Eskom challenges energy regulator's 5.23% tariff increase

Cash-strapped power utility Eskom is finally tackling the controversial issue of its headcount.
Cash-strapped power utility Eskom is finally tackling the controversial issue of its headcount.

The National Energy Regulator of South Africa (Nersa) confirmed on Tuesday that Eskom has launched a court challenge for its decision to grant the power utility a 5.23% tariff increase.

Nersa issued a statement, indicating that it received the notice of motion on June 7 and is studying the notice to determine a way forward.

On December 15, 2017, the energy regulator approved a 5.23% tariff increase for the power utility, which had requested a 19.9% increase for the 2018/19 financial year.

This meant the regulator approved an allowable revenue of R190.348bn and not R219.514bn Eskom applied for.

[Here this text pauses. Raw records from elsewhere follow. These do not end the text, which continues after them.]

-- ===== src/Ledger/Dividends.antt =====
-- Dividends are summed in whole cents, so their order does not matter.
use portfolio_dashboard.Prelude.{
  ◌≡◌, ◌^◌, ◌<◌, Bool, true, false, List, [], ◌∷◌, arith, Option, none, some, refl, ap, ◌∙◌,
  if◌then◌else◌,
}
use portfolio_dashboard.Prelude.Sort.{insert, sort}
use portfolio_dashboard.Clock.{Time}
use portfolio_dashboard.Double.{Double, Int64, add64, amount_cents, cents_to_money}
use portfolio_dashboard.Domain.{TxnType, Transaction, is_sell, is_dividend}
use portfolio_dashboard.Ledger.{
  Replay, start, apply_sell, settle, apply_type, apply_event, close_day, replay_event, replay_from,
  replay, replays_before, replay_order, recompute_position,
}

event_cents-sell : (k : TxnType) → is_sell k ≡ true → is_dividend k ≡ false
unfolding is_sell is_dividend
event_cents-sell TxnType.sell h = refl
event_cents-sell _ h = ground arith

module _ {F : Type 0} ⦃d : Double F⦄ where
  open d use {lt}

  -- The cents that one event adds to the total.
  abbrev pub event_cents : Transaction F → Int64
  event_cents t = if is_dividend t.type then amount_cents t.amount else 0

  -- The cents of a ledger's dividends, in the order of the list.
  abbrev pub total_cents : List (Transaction F) → Int64
  total_cents [] = 0
  total_cents (t ∷ ts) = add64 (event_cents t) (total_cents ts)

  total_cents-insert :
      (t : Transaction F) (ts : List (Transaction F))
      → total_cents (insert replays_before t ts) ≡ add64 (event_cents t) (total_cents ts)
  unfolding insert
  total_cents-insert t [] = refl
  total_cents-insert t (u ∷ ts) = ground (arith, total_cents-insert t ts)

  total_cents-replay_order :
      (ts : List (Transaction F)) → total_cents (replay_order ts) ≡ total_cents ts
  unfolding replay_order sort
  total_cents-replay_order [] = refl
  total_cents-replay_order (t ∷ ts) =
      total_cents-insert t (sort replays_before ts)
      ∙ ap (add64 (event_cents t)) (total_cents-replay_order ts)

  cents-settle :
      (e : Bool) (ws : List (Transaction F)) (s : Replay F)
      → (settle e ws s).0.dividend_cents ≡ s.dividend_cents
  unfolding settle apply_sell
  cents-settle e [] s = refl
  cents-settle e (w ∷ ws) s = ground (arith, cents-settle e ws (apply_sell w s))

  cents-apply_type :
      (k : TxnType) (t : Transaction F) (s : Replay F)
      → s.dividend_cents < 2 ^ 64
      → (apply_type k t s).dividend_cents
        ≡ add64 s.dividend_cents (if is_dividend k then amount_cents t.amount else 0)
  unfolding apply_type apply_sell is_dividend
  cents-apply_type TxnType.dividend t s h = refl
  cents-apply_type _ t s h = ground arith

  cents-apply_event :
      (t : Transaction F) (s : Replay F)
      → s.dividend_cents < 2 ^ 64
      → (apply_event t s).dividend_cents ≡ add64 s.dividend_cents (event_cents t)
  unfolding apply_event
  cents-apply_event t s h = cents-apply_type t.type t s h

  cents-replay_event :
      (t : Transaction F) (st : Replay F × List (Transaction F))
      → st.0.dividend_cents < 2 ^ 64
      → (replay_event t st).0.dividend_cents ≡ add64 st.0.dividend_cents (event_cents t)
  unfolding replay_event
  cents-replay_event t (s, ws) h = ground (
    arith,
    event_cents-sell t.type,
    cents-settle false ws (apply_event t s),
    cents-apply_event t s h,
  )

  cents-close_day :
      (last : Option Time) (date : Time) (st : Replay F × List (Transaction F))
      → (close_day last date st).0.dividend_cents ≡ st.0.dividend_cents
  unfolding close_day
  cents-close_day none date (s, ws) = refl
  cents-close_day (some last) date (s, ws) = ground (arith, cents-settle true ws s)

  cents-replay_from :
      (last : Option Time) (ts : List (Transaction F)) (st : Replay F × List (Transaction F))
      → st.0.dividend_cents < 2 ^ 64
      → (replay_from last ts st).0.dividend_cents ≡ add64 st.0.dividend_cents (total_cents ts)
  unfolding replay_from
  cents-replay_from last [] st h = omega arith
  cents-replay_from last (t ∷ ts) st h =
      let closed = close_day last t.date st in
      let next = replay_event t closed in
      omega (
        arith,
        cents-replay_from (some t.date) ts next (
            omega
              (arith, cents-replay_event t closed (omega (arith, cents-close_day last t.date st)))),
        cents-replay_event t closed (omega (arith, cents-close_day last t.date st)),
        cents-close_day last t.date st,
      )

  total_cents-lt : (ts : List (Transaction F)) → total_cents ts < 2 ^ 64
  total_cents-lt [] = omega arith
  total_cents-lt (t ∷ ts) = omega arith

  cents-replay : (ts : List (Transaction F)) → (replay ts).dividend_cents ≡ total_cents ts
  unfolding replay
  cents-replay ts =
      let st = replay_from none ts (start, []) in
      omega (
        arith,
        cents-settle true st.1 st.0,
        cents-replay_from none ts (start, []) (omega arith),
        total_cents-lt ts,
      )

  -- Whatever the order of a ledger's events, its total dividends are the money value of the sum, on
  -- `int64`, of its dividends in cents; no other event counts.
  pub recompute_position-total_dividends :
      (txns : List (Transaction F))
      → (recompute_position txns).0.total_dividends ≡ cents_to_money (total_cents txns)
  unfolding recompute_position
  recompute_position-total_dividends txns =
      ap cents_to_money (cents-replay (replay_order txns) ∙ total_cents-replay_order txns)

Eskom is well within its rights to challenge the decision, in terms of the National Energy Regulator Act, the Electricity Regulation Act and the Promotion of Administrative Justice Act, a set of laws which “empowers any person to institute proceedings in the High Court for the judicial review of any decision by the Energy Regulator”, Nersa said.

Last week in a statement the Organisation Undoing Tax Abuse criticised Eskom’s decision to take the matter before the courts, and said the power utility instead should address its internal issues.

“Eskom should focus on addressing internal issues and rather use the courts to address gross mismanagement.

“Nersa’s decision to grant only a 5.23% electricity tariff increase for the 2018/19 period should stand unchallenged,” said Ronald Chauke, OUTA's portfolio manager for energy.

The organisation is also seeking legal advice on how to ensure that prices don’t increase, said Chauke.

“Eskom must share a status report about its progress towards recovering the money lost due to poor decisions and corruption that manifested through state capture and other malfeasance during the tenure of the previous executives and quantify such before they turn to tariff increases,” he said.

He also raised concerns that the court challenge will result in a drawn-out process. He said this could negatively impact submissions for the fourth Multi Year Price Determination application.